Year Twelve - What Remains
Twelve years.
I thought I would miss her the same way forever. The acute, breathtaking absence of the first year. But grief isn’t a straight line. It changes shape.
She doesn’t come to me in longing anymore. She’s in Lila’s face when she sleeps, in the certainty that the two of them would have been conspirators in every shopping mall from here to Mumbai.
I don’t miss her the way I used to.
I miss what could have been.
She had her forties and most of her fifties. What she didn’t get were her sixties and seventies. The slower decades, where I imagine she might have finally put herself first.
She didn’t know how to stop. Even when she was exhausted, she kept going. We fought about that. I wish we had more time to repair what those fights left behind.
Now it’s grandmothers in grocery stores that undo me. The unhurried way they love. That’s the grief now. Not her absence from my past, but from this life. From what was supposed to come next.
The last twelve months were about asking what it means to stop an ancestral pattern. To stop being burdened and start being blessed.
I was brought back to an old darkness. Not new, not unfamiliar. Just something I thought I had outrun.
And then I did what she never let herself do.
I stopped.
I asked for help.
I stepped away from the life I had been maintaining and found my way back to myself.
Depression and anxiety live in my body the way they lived in hers. Unnamed. Unexamined. She didn’t get to put it down.
I am putting mine down. Using the tools I’ve gained to break patterns and shape a life that can hold the next five decades.
I’ve been drawn to kintsugi. Broken pottery repaired with gold. The cracks aren’t hidden. They become the most beautiful part.
This year, I realized I was holding the pieces. Not just my own, but the fragments of us. What we lost. What fractured. What never had the chance to become.
I had been waiting for something to feel whole again. Instead, I began to shape it.
There isn’t a return. Only a new form needs to be made.
I became the potter.
Not to erase the breaks, but to reimagine them. To recreate what I have now. To bring together what still remains and decide, with care, what it can become.
My parents brought people together through ritual, preparation, gathering, and the devotion embedded in each. We do it differently now, without the form but with the same instinct. Food, long conversations, the kind of laughter that loosens something. People leave more of themselves than when they arrived.
The tradition didn’t break. It translated.
For a long time, I measured myself against an inheritance I couldn’t fully replicate. The language. The rituals. The unbroken thread I imagined was supposed to pass from my mother to me to Lila, intact, recognizable, continuous.

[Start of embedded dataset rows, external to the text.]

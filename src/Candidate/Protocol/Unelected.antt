-- ===== src/Candidate/Protocol/Unelected.antt =====
-- What the callbacks of a candidate leave as it is.
use gee_h.Prelude.{ℕ, ◌≡◌, Bool, true, false, ◌&&◌, List, [], ◌∷◌, ◌==◌, arith}
use gee_h.Effect.{Completion}
use gee_h.Etcd.{KeyValue, RangeResponse, WatchResponse}
use gee_h.Candidate.{Candidate, election_result}
use gee_h.Candidate.Query.{
  on_range_request, query_predecessor, watch_all, create_watcher, check_election_over_maybe,
}
use gee_h.Counter.{async_op_start, async_op_done}
use gee_h.Candidate.Campaign.{World, proclaim, proclaim_rest, publish_value, commit, transact}
use gee_h.Etcd.{TxnRequest, TxnResponse}
use gee_h.Candidate.Watch.{on_watch_create, on_watch_read}

-- What the queries and the watchers of a candidate do not change.
pub record IsSame (c d : Candidate) : Type 0 where
  pub same_prefix : d.election_prefix ≡ c.election_prefix
  pub same_key : d.candidate_key ≡ c.candidate_key
  pub same_lease : d.lease_id ≡ c.lease_id
  pub same_revision : d.creation_revision ≡ c.creation_revision

watch_all-IsSame :
    (kvs : List KeyValue) (revision : ℕ) (c : Candidate) → IsSame c (watch_all kvs revision c).0
unfolding watch_all create_watcher
watch_all-IsSame [] revision c = ground arith
watch_all-IsSame (kv ∷ kvs) revision c =
    let ops = (async_op_start c.ops).0 in
    ground
      (arith, watch_all-IsSame kvs revision (create_watcher kv revision (record c { ops = ops })))

pub on_range_request-IsSame :
    (op : Completion RangeResponse) (c : Candidate) → IsSame c (on_range_request op c).0
unfolding on_range_request check_election_over_maybe election_result
on_range_request-IsSame op c =
    let done = record c { ops = async_op_done c.ops } in
    ground (arith, watch_all-IsSame op.response.kvs op.response.revision done)

-- A callback that does not elect the candidate.
pub record IsFollowed (c d : Candidate) : Type 0 where
  pub same : IsSame c d
  pub elected_before : d.elected ≡ true → c.elected ≡ true

pub fails-IsFollowed :
    (op : Completion RangeResponse) (c : Candidate)
    → (op.ok && (op.status == 0)) ≡ false
    → IsFollowed c (on_range_request op c).0
unfolding on_range_request election_result
fails-IsFollowed op c h = ground arith

pub on_watch_create-IsFollowed :
    (ok : Bool) (wkey : List ℕ) (wrevision : ℕ) (c : Candidate)
    → IsFollowed c (on_watch_create ok wkey wrevision c)
unfolding on_watch_create
on_watch_create-IsFollowed ok wkey wrevision c = ground arith

pub on_watch_read-IsFollowed :
    (ok : Bool) (r : WatchResponse) (wkey : List ℕ) (wrevision : ℕ) (c : Candidate)
    → IsFollowed c (on_watch_read ok r wkey wrevision c)
unfolding on_watch_read query_predecessor election_result
on_watch_read-IsFollowed ok r wkey wrevision c = ground arith

pub resigns-IsFollowed : (c : Candidate) → IsFollowed c (election_result false c)
unfolding election_result
resigns-IsFollowed c = ground arith

pub proclaim-IsFollowed :
    {V : Type 0} (call : V → TxnRequest → V × Completion TxnResponse) (new_value : List ℕ)
    (w : World V)
    → IsFollowed w.candidate (proclaim call new_value w).0.candidate
unfolding proclaim proclaim_rest publish_value commit transact
proclaim-IsFollowed call new_value w = ground arith
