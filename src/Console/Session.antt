-- ===== src/Console/Session.antt =====
-- src/apps/full_model.cpp: the program from its start to the end of the console.
use t2h.Common.{
  ℕ, ◌+◌, ◌==◌, ==_iff, size, Bool, true, false, List, [], ◌∷◌, Option, none, some, Bytes,
  find-assign_same, All, ℤ, pos, if◌then◌else◌, ◌≡◌, ◌≢◌, refl, arith,
}
use mathlib.Core.Path.{subst}
use t2h.Core.World.{Outcome, returns, threw, escaped, undefined}
use t2h.Core.Safety.Handlers.{HasBytes}
use t2h.Handles.{registr_new_handle}
use t2h.Api.Start.{Environment, CoreHandle, initialize}
use t2h.Settings.{SettingManager}
use t2h.Api.{Program, invalid_handle}
use t2h.Api.Functions.{t2h_init_, t2h_init_2}
use t2h.Api.Sound.{Knows}
use t2h.Api.Calls.{init, program, Reached, begun, called, run, ended}
use t2h.Console.{
  App, Variables, Addition, Answer, add_path, dispatch_vm, addrents_from_directory, start_app,
  console_controller,
}
use t2h.Console.Served.{IsServed}
use t2h.Console.Commands.{added-IsGood, dispatched}

module _ (env : Environment) (workaround : Bool) (b : HasBytes env.platform.lt)
    (lexical_cast : Bytes → Option ℕ) where
  either : {B : Type 0} (P : B → Type 0) (c : Bool) (x y : B) → P x → P y → P (if c then x else y)
  either P true x y p q = p
  either P false x y p q = q

  consoled :
      (commands : List (Addition × Variables)) (a : App)
      → All (λ c. c.1.get_info ≡ none) commands
      → IsServed env workaround a
      → ((console_controller env workaround lexical_cast commands a).1 ≡ true)
        × IsServed env workaround (console_controller env workaround lexical_cast commands a).0
  unfolding console_controller
  consoled [] a n s = (refl, s)
  consoled ((i, v) ∷ commands) a (n, ns) s =
      let (t, d) = dispatched env workaround b lexical_cast i v a s in
      either {B = App × Bool} (λ r. (r.1 ≡ true) × IsServed env workaround r.0) a.exit _ _ (refl, s)
        (go (dispatch_vm env workaround lexical_cast i v a).1 (d n)
          (consoled commands (dispatch_vm env workaround lexical_cast i v a).0 ns t))
    where
      go :
          (o : Outcome Answer)
          → o ≢ undefined
          → let rest =
              console_controller env workaround lexical_cast commands
                (dispatch_vm env workaround lexical_cast i v a).0 in
            (rest.1 ≡ true) × IsServed env workaround rest.0
            → let r : App × Bool = elim o [
              | returns x ↦
                  console_controller env workaround lexical_cast commands
                    (dispatch_vm env workaround lexical_cast i v a).0
              | threw ↦
                  console_controller env workaround lexical_cast commands
                    (dispatch_vm env workaround lexical_cast i v a).0
              | escaped ↦
                  console_controller env workaround lexical_cast commands
                    (dispatch_vm env workaround lexical_cast i v a).0
              | undefined ↦ ((dispatch_vm env workaround lexical_cast i v a).0, false)
            ] in
              (r.1 ≡ true) × IsServed env workaround r.0
      go (returns x) d r = r
      go threw d r = r
      go escaped d r = r
      go undefined d r = absurd (d refl)

  listed :
      (files : List (Addition × Bytes)) (a : App)
      → IsServed env workaround a
      → IsServed env workaround (addrents_from_directory env workaround lexical_cast files a).0
        × ((addrents_from_directory env workaround lexical_cast files a).1 ≢ undefined)
  unfolding addrents_from_directory
  listed [] a s = (s, λ d. cc)
  listed ((i, path) ∷ rest) a s =
      let (t, d) = added-IsGood env workaround b lexical_cast i path a s in
      go (add_path env workaround lexical_cast i path a).1 refl t d
        (listed rest (add_path env workaround lexical_cast i path a).0 t)
    where
      go :
          (o : Outcome Answer)
          → (add_path env workaround lexical_cast i path a).1 ≡ o
          → IsServed env workaround (add_path env workaround lexical_cast i path a).0
          → (add_path env workaround lexical_cast i path a).1 ≢ undefined
          → let r =
              addrents_from_directory env workaround lexical_cast rest
                (add_path env workaround lexical_cast i path a).0 in
            IsServed env workaround r.0 × (r.1 ≢ undefined)
            → let r = addrents_from_directory env workaround lexical_cast ((i, path) ∷ rest) a in
              IsServed env workaround r.0 × (r.1 ≢ undefined)
      go (returns x) e t d r = rw (e, addrents_from_directory) r
      go threw e t d r = rw (e, addrents_from_directory) (t, λ x. cc)
      go escaped e t d r = rw (e, addrents_from_directory) (t, λ x. cc)
      go undefined e t d r = absurd (d e)

  -- The handle that a start gives.
  given-Knows :
      (config : Bytes) (s : Program) (handle : ℤ)
      → (t2h_init_ env workaround (some config) true s).1 ≡ returns handle
      → Knows (t2h_init_ env workaround (some config) true s).0 handle
  unfolding t2h_init_ registr_new_handle
  given-Knows config s handle e = go (initialize env true config s.sets) e
    where
      made : Program → Option CoreHandle → Program × Outcome ℤ
      made t none = (t, returns invalid_handle)
      made t (some core_handle) =
          let (handles, id) =
            registr_new_handle s.handles (record { core_handle = core_handle; torrents = [] }) in
          (record t { handles = handles }, returns (pos id))

      after : SettingManager × Outcome (Option CoreHandle) → Program × Outcome ℤ
      after r =
          let t : Program = record s { sets = r.0 } in
          elim r.1 [
            | returns m ↦ made t m
            | threw ↦ (t, threw)
            | escaped ↦ (t, escaped)
            | undefined ↦ (t, undefined)
          ]

      fresh :
          (sets : SettingManager) (core_handle : CoreHandle)
          → pos (size ◌==◌ s.handles + 1) ≡ handle
          → Knows (made (record s { sets = sets }) (some core_handle)).0 handle
      fresh sets core_handle q =
          subst (Knows (made (record s { sets = sets }) (some core_handle)).0) q (
            record { core_handle = core_handle; torrents = [] },
            find-assign_same ◌==◌ ==_iff (size ◌==◌ s.handles + 1)
                (record { core_handle = core_handle; torrents = [] }) s.handles,
          )

      go :
          (r : SettingManager × Outcome (Option CoreHandle))
          → (after r).1 ≡ returns handle
          → Knows (after r).0 handle
      go (sets, returns none) e =
          let q : invalid_handle ≡ handle = ground (arith, e) in
          subst (Knows (record s { sets = sets })) q tt
      go (sets, returns (some core_handle)) e = fresh sets core_handle (ground (arith, e))
      go (sets, threw) e = absurd (ground (arith, e))
      go (sets, escaped) e = absurd (ground (arith, e))
      go (sets, undefined) e = absurd (ground (arith, e))

  abbrev pub begin : Bytes → List (Addition × Bytes) → App × Outcome (Unit {0})
  begin config files = start_app env workaround lexical_cast config files program

  began :
      (config : Bytes) (files : List (Addition × Bytes))
      → (begin config files).1 ≡ returns tt
      → IsServed env workaround (begin config files).0
  unfolding start_app t2h_init_2 run ended
  began config files = go (t2h_init_ env workaround (some config) true program).1 refl
    where
      reached : Reached env workaround (t2h_init_ env workaround (some config) true program).0
      reached = called (init (some config) true) program begun

      go :
          (o : Outcome ℤ)
          → (t2h_init_ env workaround (some config) true program).1 ≡ o
          → (begin config files).1 ≡ returns tt
          → IsServed env workaround (begin config files).0
      go (returns handle) e =
          rw (e, start_app)
            (λ k.
              (listed files
                (record {
                  program = (t2h_init_ env workaround (some config) true program).0;
                  core_handle = record { handle = handle; info_map = [] };
                  exit = false;
                })
                (reached, given-Knows config program handle e)).0)
      go threw e = rw (e, start_app) (λ k. absurd (ground (arith, k)))
      go escaped e = rw (e, start_app) (λ k. absurd (ground (arith, k)))
      go undefined e = rw (e, start_app) (λ k. absurd (ground (arith, k)))

  -- A console program whose start comes to the console, over any directory and any commands: as long as
  -- no command asks for the files of a torrent, no command is undefined, and behind the commands the
  -- library is in a state that its calls lead to, in which the handle of the program is in use, or
  -- negative where the library was given bad settings. The condition is that the files of the torrents
  -- have bytes and their pieces a length.
  pub console_controller-IsServed :
      (config : Bytes) (files : List (Addition × Bytes)) (commands : List (Addition × Variables))
      → (begin config files).1 ≡ returns tt
      → All (λ c. c.1.get_info ≡ none) commands
      → let (a, defined) =
          console_controller env workaround lexical_cast commands (begin config files).0 in
        (defined ≡ true) × IsServed env workaround a
  console_controller-IsServed config files commands e n =
      consoled commands (begin config files).0 n (began config files e)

Lila doesn’t speak Gujarati. She prefers Christmas to Diwali. Ballet to Bharatnatyam. She is, in almost every visible way, not what I pictured when I pictured passing something down.

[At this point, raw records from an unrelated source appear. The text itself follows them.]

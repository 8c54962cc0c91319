-- ===== src/Console/Tests.antt =====
-- Tests of the console program.
use t2h.Common.{
  ℕ, ◌-◌, true, false, List, [], ◌∷◌, Option, none, some, Bytes, codes, size, pos, ◌≡◌, refl,
}
use t2h.Core.World.{returns}
use t2h.Core.Resolvers.{register_default_resolvers}
use t2h.Core.Samples.{libtorrent-HasBytes, paths}
use t2h.Settings.{configured, init_config, load_config, config_is_well, is_empty}
use t2h.Api.Start.{configure}
use t2h.Api.Functions.{t2h_init_, t2h_init_2}
use t2h.Api.Calls.{program}
use t2h.Api.Init.{t2h_init_lem}
use t2h.Api.Samples.{environment, core, server, core_starts, server_starts}
use t2h.Console.{Addition, Variables, start_app, addrents_from_directory, console_controller}
use t2h.Console.Session.{begin, console_controller-IsServed}

abbrev one_digit : Bytes → Option ℕ
one_digit (c ∷ []) = some (c - b'0')
one_digit _ = none

abbrev addition : Addition
addition = record { resolvers = register_default_resolvers; now = 3; paths = paths; rounds = [] }

abbrev nothing : Variables
nothing = record {
  stop = none;
  pause = none;
  remove = none;
  resume = none;
  get_info = none;
  start = none;
  add = none;
  get_ids = false;
  quit = false;
}

abbrev commands : List (Addition × Variables)
commands =
    (addition, record nothing { add = some (codes "a.torrent") })
    ∷ (addition, record nothing { start = some (codes "1,0") })
    ∷ (addition, record nothing { pause = some 1 })
    ∷ (addition, record nothing { quit = true })
    ∷ []

initialised : (t2h_init_ environment true (some (codes "/c")) true program).1 ≡ returns (pos 1)
unfolding configure init_config load_config configured config_is_well is_empty size
initialised =
    ((((t2h_init_lem environment true (codes "/c") true program).1 refl).1 core core_starts).1
      server server_starts).0

starts : (begin environment true libtorrent-HasBytes one_digit (codes "/c") []).1 ≡ returns tt
unfolding start_app t2h_init_2 addrents_from_directory
starts = rw (initialised, start_app) refl

console_controller-IsServed_example :
    (console_controller environment true one_digit commands
      (begin environment true libtorrent-HasBytes one_digit (codes "/c") []).0).1
    ≡ true
console_controller-IsServed_example =
    (console_controller-IsServed environment true libtorrent-HasBytes one_digit (codes "/c") []
      commands starts (refl, (refl, (refl, (refl, tt))))).0
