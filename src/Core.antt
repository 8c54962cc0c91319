-- ===== src/Core.antt =====
-- src/core/torrent_core: the service over libtorrent, its controller, the buffer of the torrents, the
-- resolvers of errors and the events for the HTTP server. Each child says which file it is about.
pub mod World
pub mod Buffer
pub mod Future
pub mod Resolvers
pub mod Controller
pub mod Alerts
pub mod Service
pub mod Calls
pub mod Samples
mod Tests
pub mod Safety
pub mod EventSource
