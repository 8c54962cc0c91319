-- ===== src/Core/Buffer/Laws.antt =====
-- shared_buffer: what is got after an addition and a removal.
use t2h.Common.{
  ℕ, ◌==◌, ==_iff, true, false, List, none, some, Bytes, find, find-assign, find-assign_same,
  find-erase, if◌then◌else◌, ◌≡◌, refl,
}
use t2h.Core.World.{TorrentExInfo}
use t2h.Core.Buffer.{Torrents, no_hash, get_usafe, remove_usafe, add, get, remove}

-- A torrent whose hash is free is kept under it, with the hash as its index, and no other hash changes;
-- with a hash that is taken nothing changes and the answer is no. After the removal by its path the
-- hash is free, whatever it held, and no other changes.
pub add-get-remove :
    (hasher : Bytes → ℕ) (t : Torrents) (m : List (ℕ × TorrentExInfo)) (p : ℕ)
    (info : TorrentExInfo) (j : ℕ)
    → let h = hasher info.save_path in
      let (u, (n, (ok, id))) = add hasher t m p info in
      ((get hasher t info.save_path ≡ none
          → ((ok ≡ true) × (id ≡ h))
            × ((get_usafe u j ≡ (if h == j then some p else get_usafe t j))
                × (find ◌==◌ p n ≡ some (record info { index = h }))))
        × ((q : ℕ)
            → get hasher t info.save_path ≡ some q
            → add hasher t m p info ≡ (t, (m, (false, no_hash)))))
      × (get_usafe (remove hasher t info.save_path) j ≡ (if h == j then none else get_usafe t j))
unfolding add get get_usafe remove remove_usafe
add-get-remove hasher t m p info j =
    let h = hasher info.save_path in
    (
      (
        λ e.
            rw (e, add)
              (
                (refl, refl),
                (
                  find-assign ◌==◌ ==_iff h p t j,
                  find-assign_same ◌==◌ ==_iff p (record info { index = h }) m,
                ),
              ),
        λ q e. rw (e, add) refl,
      ),
      find-erase ◌==◌ ==_iff h t j,
    )
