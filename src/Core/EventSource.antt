-- ===== src/Core/EventSource.antt =====
-- src/core/external_api/hc_event_source_adapter.cpp: the notification that each event of the torrents
-- becomes. An update leaves the size of the file as `new` made it, which is a parameter.
pub mod Table
use t2h.Common.{ℕ, List, [], ◌∷◌, ◌++◌, Bytes, ℤ, pos}
use t2h.Core.World.{
  Event, event_file_add, event_file_remove, event_file_complete, event_pause, event_progress_update,
}
use t2h.Server.Buffer.{CoreFileChangeNotification, file_update, file_remove, file_add}

module _ (uninitialised : ℤ) where
  unfoldable pub on_progress_update : Bytes → ℕ → List CoreFileChangeNotification
  on_progress_update file_path avaliable_bytes =
      record {
        event_type = file_update;
        file_path = file_path;
        file_size = uninitialised;
        avaliable_bytes = pos avaliable_bytes;
      }
      ∷ []

  unfoldable pub handle_event : Event → List CoreFileChangeNotification
  unfolding on_progress_update
  handle_event (event_file_add file_path file_size) =
      record {
        event_type = file_add;
        file_path = file_path;
        file_size = pos file_size;
        avaliable_bytes = pos 0;
      }
      ∷ []
  handle_event (event_file_remove file_path) =
      record {
        event_type = file_remove;
        file_path = file_path;
        file_size = pos 0;
        avaliable_bytes = pos 0;
      }
      ∷ []
  handle_event (event_file_complete file_path avaliable_bytes) =
      on_progress_update file_path avaliable_bytes
  handle_event (event_pause file_path) = []
  handle_event (event_progress_update file_path avaliable_bytes) =
      on_progress_update file_path avaliable_bytes

  unfoldable pub handle_events : List Event → List CoreFileChangeNotification
  unfolding handle_event
  handle_events [] = []
  handle_events (e ∷ es) = handle_event e ++ handle_events es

But I think I confused transmission with transformation.
My mother didn’t hand me something finished. She handed me a way of moving through the world. I see it now in the way I let Lila go toward a life I can’t fully picture, and feel, underneath the worry, something that looks like trust.
Connection isn’t language, food, or geography. Its presence. It’s leaving someone more themselves than when you arrived.
She is not absent from any of this.
She’s in my dad’s laugh.
In Thomas’s quiet humor.
In Lila’s becoming.
In every relationship, I’ve had the courage to repair or release.
The cracks are still there.
So is she.
We have walked through so many thresholds. She couldn’t follow me through all of them. But what she made in me could.
Love is the making and remaking, over and over, of something built to hold.
Here’s to what remains. Here’s to what’s still ahead.
Twelve years later, I finally understand it.